Export licensing remains a valuable, low-complexity tool that strengthens the industry’s value proposition without creating new burdens on-farm. Key benefits for strengthened self-regulation continue to resonate strongly across the sector: 

  • Fairness and transparency: A clearer, more consistent standard for exporters, helping ensure that velvet leaving the country meets the expectations of key Asian customers. 
  • Mitigate additional farm audits or costs: Export licensing creates no new requirements at the farm level. Audit and assurance settings on-farm remain unchanged. 
  • Focus at the point of export: Obligations sit with the exporter and RMP facilities. This is a clean and practical separation from VelTrak, which governs domestic handling from farm gate to RMP. 
  • Improved market confidence: Customers in China and Korea (and hopefully Vietnam in the future) are increasingly seeking provenance, grading integrity, and quality assurance. Licensing helps address these expectations. 
  • More cohesive marketing: A consistent industry message offshore will reinforce the unique attributes of New Zealand velvet — making it harder to substitute within customers’ value chains — while supporting stronger long-term partnerships and positioning our velvet firmly at the premium end of the market. 

VelTrak and export licensing work together but serve different roles: VelTrak ensures domestic discipline; export licensing ensures export discipline. Collectively, they help strengthen trust, confidence, and transparency across the entire value chain. 

All ELWG input into the draft Export Marketing Strategy has been captured and is informing internal development work. As the legislative picture becomes clearer in early 2026, the strategy will be revisited to ensure alignment with the eventual structure and timing of export licensing. 

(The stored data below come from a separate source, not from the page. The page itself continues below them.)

-- ===== src/Observer.antt =====
-- factorengine/observer.go: what observers are told, the observer that counts, and the one that does
-- nothing. A duration is an int64 of nanoseconds.
use risk_engine.Prelude.{ℕ, ◌+◌, ◌%◌, ◌^◌, Bool, Option, none, some, Str, if◌then◌else◌}
use risk_engine.Prelude.Int.{ℤ, pattern64}
use risk_engine.Outcome.{ValidationError}
use risk_engine.Cache.{bump}

-- `CompileObservation`, and `EvalObservation`, which has the same fields.
pub record Observation : Type 0 where
  pub expr : Str
  pub fingerprint : Str
  pub duration : ℤ
  pub error : Option ValidationError

pub record CacheObservation : Type 0 where
  pub expr : Str
  pub key : Str
  pub fingerprint : Str
  pub hit : Bool

-- `RuleObserver`: `O` is the state of the observer.
pub record RuleObserver (O : Type 0) : Type 0 where
  pub observe_compile : Observation → O → O
  pub observe_eval : Observation → O → O
  pub observe_cache : CacheObservation → O → O

abbrev pub noop_rule_observer : RuleObserver (Unit {0})
noop_rule_observer = record {
  observe_compile = λ obs o. o;
  observe_eval = λ obs o. o;
  observe_cache = λ obs o. o;
}

-- `RuleObserverStats`, which is also what `InMemoryRuleObserver` keeps.
pub record RuleObserverStats : Type 0 where
  pub compile_count : ℕ
  pub compile_errors : ℕ
  pub compile_duration_nanos : ℕ
  pub eval_count : ℕ
  pub eval_errors : ℕ
  pub eval_duration_nanos : ℕ
  pub cache_requests : ℕ
  pub cache_hits : ℕ
  pub cache_misses : ℕ

abbrev pub new_in_memory_rule_observer : RuleObserverStats
new_in_memory_rule_observer = record {
  compile_count = 0;
  compile_errors = 0;
  compile_duration_nanos = 0;
  eval_count = 0;
  eval_errors = 0;
  eval_duration_nanos = 0;
  cache_requests = 0;
  cache_hits = 0;
  cache_misses = 0;
}

-- `Add` of a `uint64`.
abbrev pub add_uint64 : ℕ → ℕ → ℕ
add_uint64 a b = (a + b) % 2 ^ 64

abbrev pub bump_error : Option ValidationError → ℕ → ℕ
bump_error none n = n
bump_error (some e) n = bump n

unfoldable pub observe_compile : Observation → RuleObserverStats → RuleObserverStats
observe_compile obs o = record o {
  compile_count = bump o.compile_count;
  compile_duration_nanos = add_uint64 o.compile_duration_nanos (pattern64 obs.duration);
  compile_errors = bump_error obs.error o.compile_errors;
}

unfoldable pub observe_eval : Observation → RuleObserverStats → RuleObserverStats
observe_eval obs o = record o {
  eval_count = bump o.eval_count;
  eval_duration_nanos = add_uint64 o.eval_duration_nanos (pattern64 obs.duration);
  eval_errors = bump_error obs.error o.eval_errors;
}

unfoldable pub observe_cache : CacheObservation → RuleObserverStats → RuleObserverStats
observe_cache obs o =
    let counted : RuleObserverStats = record o { cache_requests = bump o.cache_requests } in
    if obs.hit
    then record counted { cache_hits = bump o.cache_hits }
    else record counted { cache_misses = bump o.cache_misses }

abbrev pub in_memory_rule_observer : RuleObserver RuleObserverStats
unfolding observe_compile observe_eval observe_cache
in_memory_rule_observer = record {
  observe_compile = observe_compile;
  observe_eval = observe_eval;
  observe_cache = observe_cache;
}
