-- ===== src/Engine.antt =====
-- factorengine/engine.go, with `CachedRuleCompiler` of compiler_cache.go and `observedRuleCompiler` of
-- observer.go: an engine compiles through a cache, if it has one, and tells an observer.
use risk_engine.Prelude.{ℕ, suc, true, false, Option, none, some, [], Str, ◌≡◌}
use risk_engine.Prelude.Int.{ℤ}
use risk_engine.Outcome.{Outcome, ok, err, panic, ◌>>=◌, ValidationError}
use risk_engine.Operators.{ValueType}
use risk_engine.Schema.{FactorRegistry}
use risk_engine.Value.{Value}
use risk_engine.Accessor.{EvalContext}
use risk_engine.Runtime.{Floats}
use risk_engine.Parser.Grammar.{Decimals}
use risk_engine.Bytecode.{BytecodeProgram, Formatter}
use risk_engine.Bytecode.Vm.{BytecodeVmConfig, new_bytecode_vm_with_config, vm_eval}
use risk_engine.Compiler.{CompiledExpr, type_check, compile_rule}
use risk_engine.Fingerprint.{Encoders, build_compile_cache_key}
use risk_engine.Observer.{RuleObserver}

-- The `RuleCompiler` interface.
pub record RuleCompiler (D : Type 0) : Type 0 where
  pub check : Str → FactorRegistry → Outcome ValueType
  pub compile : Str → FactorRegistry → Outcome (CompiledExpr D)

-- A result with the fuel that it takes; a lack of fuel would be a panic.
abbrev pub returned {ℓ} : {A : Type ℓ} → Option (Outcome A) → Outcome A
returned none = panic
returned (some o) = o

-- `NewRuleCompiler`.
abbrev pub new_rule_compiler :
    {D : Type 0} ⦃fl : Floats D⦄ → Decimals D → Formatter D → RuleCompiler D
unfolding type_check compile_rule
new_rule_compiler decimals fmt = record {
  check = λ expr registry. returned (type_check decimals expr registry);
  compile = λ expr registry. returned (compile_rule decimals fmt expr registry);
}

-- The `ProgramCache` interface over states, and what a client relies on: a value that `get` finds was
-- given to `set` for the key, so what held of the values that were set holds of it.
pub record ProgramCache (V : Type 0) : Type 1 where
  pub State : Type 0
  pub get : Str → State → Option V × State
  pub set : Str → V → State → State
  pub Holds : (Str → V → Type 0) → State → Type 0
  pub new : State
  pub new-Holds : (P : Str → V → Type 0) → Holds P new
  pub get-Holds : (P : Str → V → Type 0) (k : Str) (s : State) → Holds P s → Holds P (get k s).1
  pub get_found :
      (P : Str → V → Type 0) (k : Str) (s : State) (v : V)
      → Holds P s
      → (get k s).0 ≡ some v
      → P k v
  pub set-Holds :
      (P : Str → V → Type 0) (k : Str) (v : V) (s : State) → Holds P s → P k v → Holds P (set k v s)

-- `engineCompiledExpr`.
pub record EngineCompiledExpr (D : Type 0) : Type 0 where
  pub compiled : CompiledExpr D
  pub vm_config : BytecodeVmConfig

pub record Engine : Type 0 where
  pub registry : FactorRegistry
  pub vm_config : BytecodeVmConfig

-- What the calls share: the state of the cache, if there is one, and of the observer, and how often a
-- duration has been measured.
pub record Shared (C O : Type 0) : Type 0 where
  pub cache : Option C
  pub observer : O
  pub measured : ℕ

abbrev pub error_in {ℓ} : {A : Type ℓ} → Outcome A → Option ValidationError
error_in (err e) = some e
error_in _ = none

-- What an engine is made of, its registry aside: `elapsed n` is the n-th duration that is measured.
pub record Setting (D O : Type 0) : Type 1 where
  pub encoders : Encoders
  pub fingerprint : BytecodeProgram D → Str
  pub elapsed : ℕ → ℤ
  pub observer : RuleObserver O
  pub cache : ProgramCache (CompiledExpr D)
  pub inner : RuleCompiler D

module _ {D O : Type 0} (setting : Setting D O) where
  open setting use {encoders, fingerprint, elapsed, observer, cache, inner}

  abbrev pub World : Type 0
  World = Shared setting.cache.State O

  -- `CachedRuleCompiler.Compile` behind the miss.
  unfoldable pub compile_missed :
      Str → FactorRegistry → Str → cache.State → World → Outcome (CompiledExpr D) × World
  compile_missed expr registry key s w =
      let told : World = record w {
        cache = some s;
        observer =
            observer.observe_cache
              (record { expr = expr; key = key; fingerprint = []; hit = false }) w.observer;
      } in
      elim (inner.compile expr registry) [
        | ok c ↦ (ok c, record told { cache = some (cache.set key c s) })
        | err e ↦ (err e, told)
        | panic ↦ (panic, told)
      ]

  unfoldable pub compile_found :
      Str → Str → CompiledExpr D → cache.State → World → Outcome (CompiledExpr D) × World
  compile_found expr key c s w = (
    ok c,
    record w {
      cache = some s;
      observer =
          observer.observe_cache
            (record { expr = expr; key = key; fingerprint = fingerprint c.bytecode; hit = true })
            w.observer;
    },
  )

  unfoldable pub compile_keyed :
      Str → FactorRegistry → Str → cache.State → World → Outcome (CompiledExpr D) × World
  unfolding compile_missed compile_found
  compile_keyed expr registry key s w =
      let (found, s') = cache.get key s in
      elim found [
        | some c ↦ compile_found expr key c s' w
        | none ↦ compile_missed expr registry key s' w
      ]

  -- `CachedRuleCompiler.Compile`.
  unfoldable pub compile_cached :
      Str → FactorRegistry → cache.State → World → Outcome (CompiledExpr D) × World
  unfolding compile_keyed
  compile_cached expr registry s w = elim (build_compile_cache_key encoders expr registry) [
    | err e ↦ (err e, w)
    | panic ↦ (panic, w)
    | ok key ↦ compile_keyed expr registry key s w
  ]

  -- The compiler under the observed one: `NewEngine` puts the cache in front of it if there is one.
  unfoldable pub compile_layer : Str → FactorRegistry → World → Outcome (CompiledExpr D) × World
  unfolding compile_cached
  compile_layer expr registry w = elim w.cache [
    | none ↦ (inner.compile expr registry, w)
    | some s ↦ compile_cached expr registry s w
  ]

  abbrev fingerprint_in : Outcome (CompiledExpr D) → Str
  fingerprint_in (ok c) = fingerprint c.bytecode
  fingerprint_in _ = []

  -- The end of `observedRuleCompiler.Compile`; a panic passes it by.
  unfoldable pub observe_compiled :
      Str → Outcome (CompiledExpr D) × World → Outcome (CompiledExpr D) × World
  observe_compiled expr (panic, w) = (panic, w)
  observe_compiled expr (o, w) = (
    o,
    record w {
      observer =
          observer.observe_compile
            (record {
              expr = expr;
              fingerprint = fingerprint_in o;
              duration = elapsed w.measured;
              error = error_in o;
            })
            w.observer;
      measured = suc w.measured;
    },
  )

  -- `Engine.Compile`.
  unfoldable pub engine_compile : Engine → Str → World → Outcome (EngineCompiledExpr D) × World
  unfolding observe_compiled compile_layer
  engine_compile e expr w =
      let (o, w') = observe_compiled expr (compile_layer expr e.registry w) in
      ((o >>= λ c. ok (record { compiled = c; vm_config = e.vm_config })), w')

  -- `engineCompiledExpr.Eval`.
  unfoldable pub eval_engine_compiled :
      ⦃fl : Floats D⦄ → EngineCompiledExpr D → EvalContext D → World → Outcome (Value D) × World
  unfolding vm_eval new_bytecode_vm_with_config
  eval_engine_compiled c ctx w =
      let result =
        returned (vm_eval (new_bytecode_vm_with_config c.vm_config) c.compiled.bytecode ctx) in
      (
        result,
        record w {
          observer =
              observer.observe_eval
                (record {
                  expr = c.compiled.source;
                  fingerprint = fingerprint c.compiled.bytecode;
                  duration = elapsed w.measured;
                  error = error_in result;
                })
                w.observer;
          measured = suc w.measured;
        },
      )

  -- `Engine.Eval`.
  unfoldable pub engine_eval :
      ⦃fl : Floats D⦄ → Engine → Str → EvalContext D → World → Outcome (Value D) × World
  unfolding engine_compile eval_engine_compiled
  engine_eval e expr ctx w =
      let (o, w') = engine_compile e expr w in
      elim o [ ok c ↦ eval_engine_compiled c ctx w' | err x ↦ (err x, w') | panic ↦ (panic, w') ]

  -- `Engine.TypeCheck`, which the cache and the observer leave to the compiler.
  unfoldable pub engine_type_check : Engine → Str → Outcome ValueType
  engine_type_check e expr = inner.check expr e.registry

While the pathway could be longer than first hoped, the direction remains positive and industry-led. DINZ and the ELWG will continue progressing the work in a measured, realistic way — consistent with what farmers and exporters have asked us to pursue. The focus remains on securing a framework that supports sustainable value, stronger market confidence, and a more unified New Zealand presence offshore. An update will be provided early in the new year once Ministerial and MPI signals are clearer.